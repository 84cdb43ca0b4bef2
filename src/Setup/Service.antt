-- ===== src/Setup/Service.antt =====
-- createSetupService of modules/setup/setup-service.js: the set-up of each tenant, in the rows of
-- installation_setup. Its encryption is that of the credential service.
pub mod Calls
use Prim.Native.String
use crmtsi_app.Common.{
  ℕ, ◌+◌, String, Bool, true, false, not, ◌&&◌, ◌||◌, Option, none, some, List, [], ◌∷◌, ◌++◌, map,
  Result, ok, err, ◌>>◌, require, str_eq, if◌then◌else◌, ltb, leb, find_first, any_of, keep, Text,
  Object,
}
use crmtsi_app.Providers.Endpoint.{Url}
use crmtsi_app.Setup.{
  State, uninitialized, bootstrapped, draft, validated, activating, active, is_uninitialized,
  is_validated, has_draft, is_active,
}
use crmtsi_app.Setup.Validation.{
  Draft, fields, allowed, validate_provider_config, validate_waha_config,
}

-- A row; no attempt yet is time 0. The column's check admits exactly the states of `State`.
pub record Row : Type 0 where
  pub tenant_id : String
  pub bootstrap_hash : String
  pub bootstrap_salt : String
  pub bootstrap_expires_at : Option ℕ
  pub state : State
  pub version : ℕ
  pub draft_config : Option Draft
  pub active_config : Option Draft
  pub secrets_hash : Option String
  pub validation_attempts : ℕ
  pub last_validation_at : ℕ

pub record Limits : Type 0 where
  pub bootstrap_ttl_ms : ℕ
  pub validation_rate_limit : ℕ
  pub validation_rate_window_ms : ℕ

abbrev pub default_limits : Limits
default_limits = record {
  bootstrap_ttl_ms = 86400000;
  validation_rate_limit = 10;
  validation_rate_window_ms = 60000;
}

abbrev pub of_tenant : String → Row → Bool
of_tenant tenant_id r = str_eq r.tenant_id tenant_id

pub get_setup : String → List Row → Option Row
get_setup tenant_id rows = find_first (of_tenant tenant_id) rows

abbrev change : String → (Row → Row) → Row → Row
change tenant_id f r = if of_tenant tenant_id r then f r else r

-- `update installation_setup … where tenant_id`
pub update_row : String → (Row → Row) → List Row → List Row
update_row tenant_id f rows = map (change tenant_id f) rows

-- The transaction that the calls on an existing row share: the row is read for update, a guard that
-- throws rolls back, and the answer is computed from the row as it was read.
pub transact : String → (Row → Result (Unit {0})) → (Row → Row) → List Row → List Row × Result Row
unfolding get_setup update_row
transact tenant_id guard f rows = elim (get_setup tenant_id rows) [
  | none ↦ (rows, err "NOT_BOOTSTRAPPED")
  | some current ↦ elim (guard current) [
    | err e ↦ (rows, err e)
    | ok _ ↦ (update_row tenant_id f rows, ok current)
  ]
]

abbrev is_activating : State → Bool
is_activating activating = true
is_activating _ = false

abbrev expiry : Option ℕ → ℕ → ℕ
expiry none standard = standard
expiry (some at) standard = at

abbrev is_past : Option ℕ → ℕ → Bool
is_past none now = false
is_past (some at) now = ltb at now

abbrev is_bootstrapped : Option Row → Bool
is_bootstrapped none = false
is_bootstrapped (some r) = true

-- `sha256` is the hash, with its result in hexadecimal.
module _ (sha256 : String → String) where
  abbrev pub hash_secret : String → String → String
  hash_secret secret salt = sha256 (String.◌++◌ secret salt)

  abbrev new_row : Limits → (now : ℕ) → String → (secret salt : String) → Option ℕ → Row
  new_row limits now tenant_id secret salt expires_at = record {
    tenant_id = tenant_id;
    bootstrap_hash = hash_secret secret salt;
    bootstrap_salt = salt;
    bootstrap_expires_at = some (expiry expires_at (now + limits.bootstrap_ttl_ms));
    state = bootstrapped;
    version = 1;
    draft_config = none;
    active_config = none;
    secrets_hash = none;
    validation_attempts = 0;
    last_validation_at = 0;
  }

  -- `salt` is the random one.
  pub bootstrap :
      Limits
      → (now : ℕ) → (tenant_id secret bootstrap_secret salt : String) → Option ℕ
      → List Row
      → List Row × Result (State × ℕ)
  unfolding get_setup
  bootstrap limits now tenant_id secret bootstrap_secret salt expires_at rows =
      if is_bootstrapped (get_setup tenant_id rows)
      then (rows, err "ALREADY_BOOTSTRAPPED")
      else if str_eq secret "" || str_eq bootstrap_secret "" || not (str_eq secret bootstrap_secret)
      then (rows, err "BOOTSTRAP_SECRET_INVALID")
      else (rows ++ new_row limits now tenant_id secret salt expires_at ∷ [], ok (bootstrapped, 1))

  abbrev check_secret : (now : ℕ) → String → Option Row → Result (Unit {0})
  check_secret now secret none = err "NOT_BOOTSTRAPPED"
  check_secret now secret (some r) = do
    require (not (is_uninitialized r.state)) "NOT_BOOTSTRAPPED"
    require (not (is_past r.bootstrap_expires_at now)) "BOOTSTRAP_EXPIRED"
    require (str_eq (hash_secret secret r.bootstrap_salt) r.bootstrap_hash)
        "BOOTSTRAP_SECRET_INVALID"

  pub verify_bootstrap_secret :
      (now : ℕ) → (tenant_id secret : String) → List Row → Result (Unit {0})
  unfolding get_setup
  verify_bootstrap_secret now tenant_id secret rows =
      check_secret now secret (get_setup tenant_id rows)

  abbrev renew_secret : (secret salt : String) → Row → Row
  renew_secret secret salt r = record r {
    bootstrap_hash = hash_secret secret salt;
    bootstrap_salt = salt;
  }

  -- The update of rotateBootstrapSecret; the audit event that follows it is another statement.
  pub rotate_bootstrap_secret :
      (now : ℕ)
      → (tenant_id old_secret new_secret salt : String) → List Row
      → List Row × Result (Unit {0})
  unfolding verify_bootstrap_secret update_row
  rotate_bootstrap_secret now tenant_id old_secret new_secret salt rows =
      elim (verify_bootstrap_secret now tenant_id old_secret rows) [
        | err e ↦ (rows, err e)
        | ok _ ↦ (update_row tenant_id (renew_secret new_secret salt) rows, ok tt)
      ]

abbrev is_waha : Option String → Bool
is_waha none = false
is_waha (some name) = str_eq name "waha"

-- `parse_url` is the constructor `URL`.
module _ (parse_url : Text → Option Url) where
  abbrev check_waha : Option Draft → Result (Unit {0})
  check_waha none = ok tt
  check_waha (some d) =
      if is_waha (allowed d.provider) then validate_waha_config parse_url d.config else ok tt

  abbrev pub check_draft : Option Draft → Result (Unit {0})
  check_draft config = do validate_provider_config config; check_waha config

  abbrev draft_guard : Option Draft → Row → Result (Unit {0})
  draft_guard config r = do
    require (not (is_active r.state)) "ACTIVATION_CLOSED"
    require (not (is_activating r.state)) "ACTIVATION_IN_PROGRESS"
    check_draft config

  abbrev write_draft : Option Draft → Row → Row
  write_draft config r = record r { draft_config = config; state = draft; version = r.version + 1 }

  pub set_draft_config : String → Option Draft → List Row → List Row × Result Row
  unfolding transact
  set_draft_config tenant_id config rows =
      transact tenant_id (draft_guard config) (write_draft config) rows

abbrev is_recent : Limits → ℕ → Row → Bool
is_recent limits now r = ltb now (r.last_validation_at + limits.validation_rate_window_ms)

abbrev validation_guard : Limits → ℕ → Row → Result (Unit {0})
validation_guard limits now r = do
  require (has_draft r.state) "NO_DRAFT_TO_VALIDATE"
  require (not (is_recent limits now r && leb limits.validation_rate_limit r.validation_attempts))
      "VALIDATION_RATE_EXCEEDED"

abbrev accept : Limits → ℕ → String → Row → Row
accept limits now token r = record r {
  state = validated;
  secrets_hash = some token;
  validation_attempts = if is_recent limits now r then r.validation_attempts + 1 else 1;
  last_validation_at = now;
}

-- `token` is the random value that is stored; the answer holds another one.
pub validate_draft :
    Limits → (now : ℕ) → (tenant_id token : String) → List Row → List Row × Result Row
unfolding transact
validate_draft limits now tenant_id token rows =
    transact tenant_id (validation_guard limits now) (accept limits now token) rows

abbrev is_present : Option Draft → Bool
is_present none = false
is_present (some d) = true

abbrev activation_guard : Row → Result (Unit {0})
activation_guard r = do
  require (is_validated r.state) "INVALID_STATE_FOR_ACTIVATION"
  require (is_present r.draft_config) "NO_DRAFT_TO_VALIDATE"

abbrev begin_row : Row → Row
begin_row r = record r { state = activating }

-- The first part of `activate`, up to its commit.
pub begin_activation : String → List Row → List Row × Result Row
unfolding transact
begin_activation tenant_id rows = transact tenant_id activation_guard begin_row rows

pub record Status : Type 0 where
  pub state : State
  pub version : ℕ

abbrev pub status_of : Option Row → Status
status_of none = record { state = uninitialized; version = 0 }
status_of (some r) = record { state = r.state; version = r.version }

pub get_setup_status : String → List Row → Status
unfolding get_setup
get_setup_status tenant_id rows = status_of (get_setup tenant_id rows)

abbrev active_of : Option Row → Option Draft
active_of none = none
active_of (some r) = r.active_config

pub get_active_config : String → List Row → Option Draft
unfolding get_setup
get_active_config tenant_id rows = active_of (get_setup tenant_id rows)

> WHAT TO DO: Reproduce, please, the lines of the material from its first line down to the line containing "pub transact : String", keeping both ends and nothing beyond them.

> ANSWER SPACE:
repository 84cdb43ca0b4bef2
filename src/Setup/Service.antt
-- ===== src/Setup/Service.antt =====
-- createSetupService of modules/setup/setup-service.js: the set-up of each tenant, in the rows of
-- installation_setup. Its encryption is that of the credential service.
pub mod Calls
use Prim.Native.String
use crmtsi_app.Common.{
  ℕ, ◌+◌, String, Bool, true, false, not, ◌&&◌, ◌||◌, Option, none, some, List, [], ◌∷◌, ◌++◌, map,
  Result, ok, err, ◌>>◌, require, str_eq, if◌then◌else◌, ltb, leb, find_first, any_of, keep, Text,
  Object,
}
use crmtsi_app.Providers.Endpoint.{Url}
use crmtsi_app.Setup.{
  State, uninitialized, bootstrapped, draft, validated, activating, active, is_uninitialized,
  is_validated, has_draft, is_active,
}
use crmtsi_app.Setup.Validation.{
  Draft, fields, allowed, validate_provider_config, validate_waha_config,
}

-- A row; no attempt yet is time 0. The column's check admits exactly the states of `State`.
pub record Row : Type 0 where
  pub tenant_id : String
  pub bootstrap_hash : String
  pub bootstrap_salt : String
  pub bootstrap_expires_at : Option ℕ
  pub state : State
  pub version : ℕ
  pub draft_config : Option Draft
  pub active_config : Option Draft
  pub secrets_hash : Option String
  pub validation_attempts : ℕ
  pub last_validation_at : ℕ

pub record Limits : Type 0 where
  pub bootstrap_ttl_ms : ℕ
  pub validation_rate_limit : ℕ
  pub validation_rate_window_ms : ℕ

abbrev pub default_limits : Limits
default_limits = record {
  bootstrap_ttl_ms = 86400000;
  validation_rate_limit = 10;
  validation_rate_window_ms = 60000;
}

abbrev pub of_tenant : String → Row → Bool
of_tenant tenant_id r = str_eq r.tenant_id tenant_id

pub get_setup : String → List Row → Option Row
get_setup tenant_id rows = find_first (of_tenant tenant_id) rows

abbrev change : String → (Row → Row) → Row → Row
change tenant_id f r = if of_tenant tenant_id r then f r else r

-- `update installation_setup … where tenant_id`
pub update_row : String → (Row → Row) → List Row → List Row
update_row tenant_id f rows = map (change tenant_id f) rows

-- The transaction that the calls on an existing row share: the row is read for update, a guard that
-- throws rolls back, and the answer is computed from the row as it was read.
pub transact : String → (Row → Result (Unit {0})) → (Row → Row) → List Row → List Row × Result Row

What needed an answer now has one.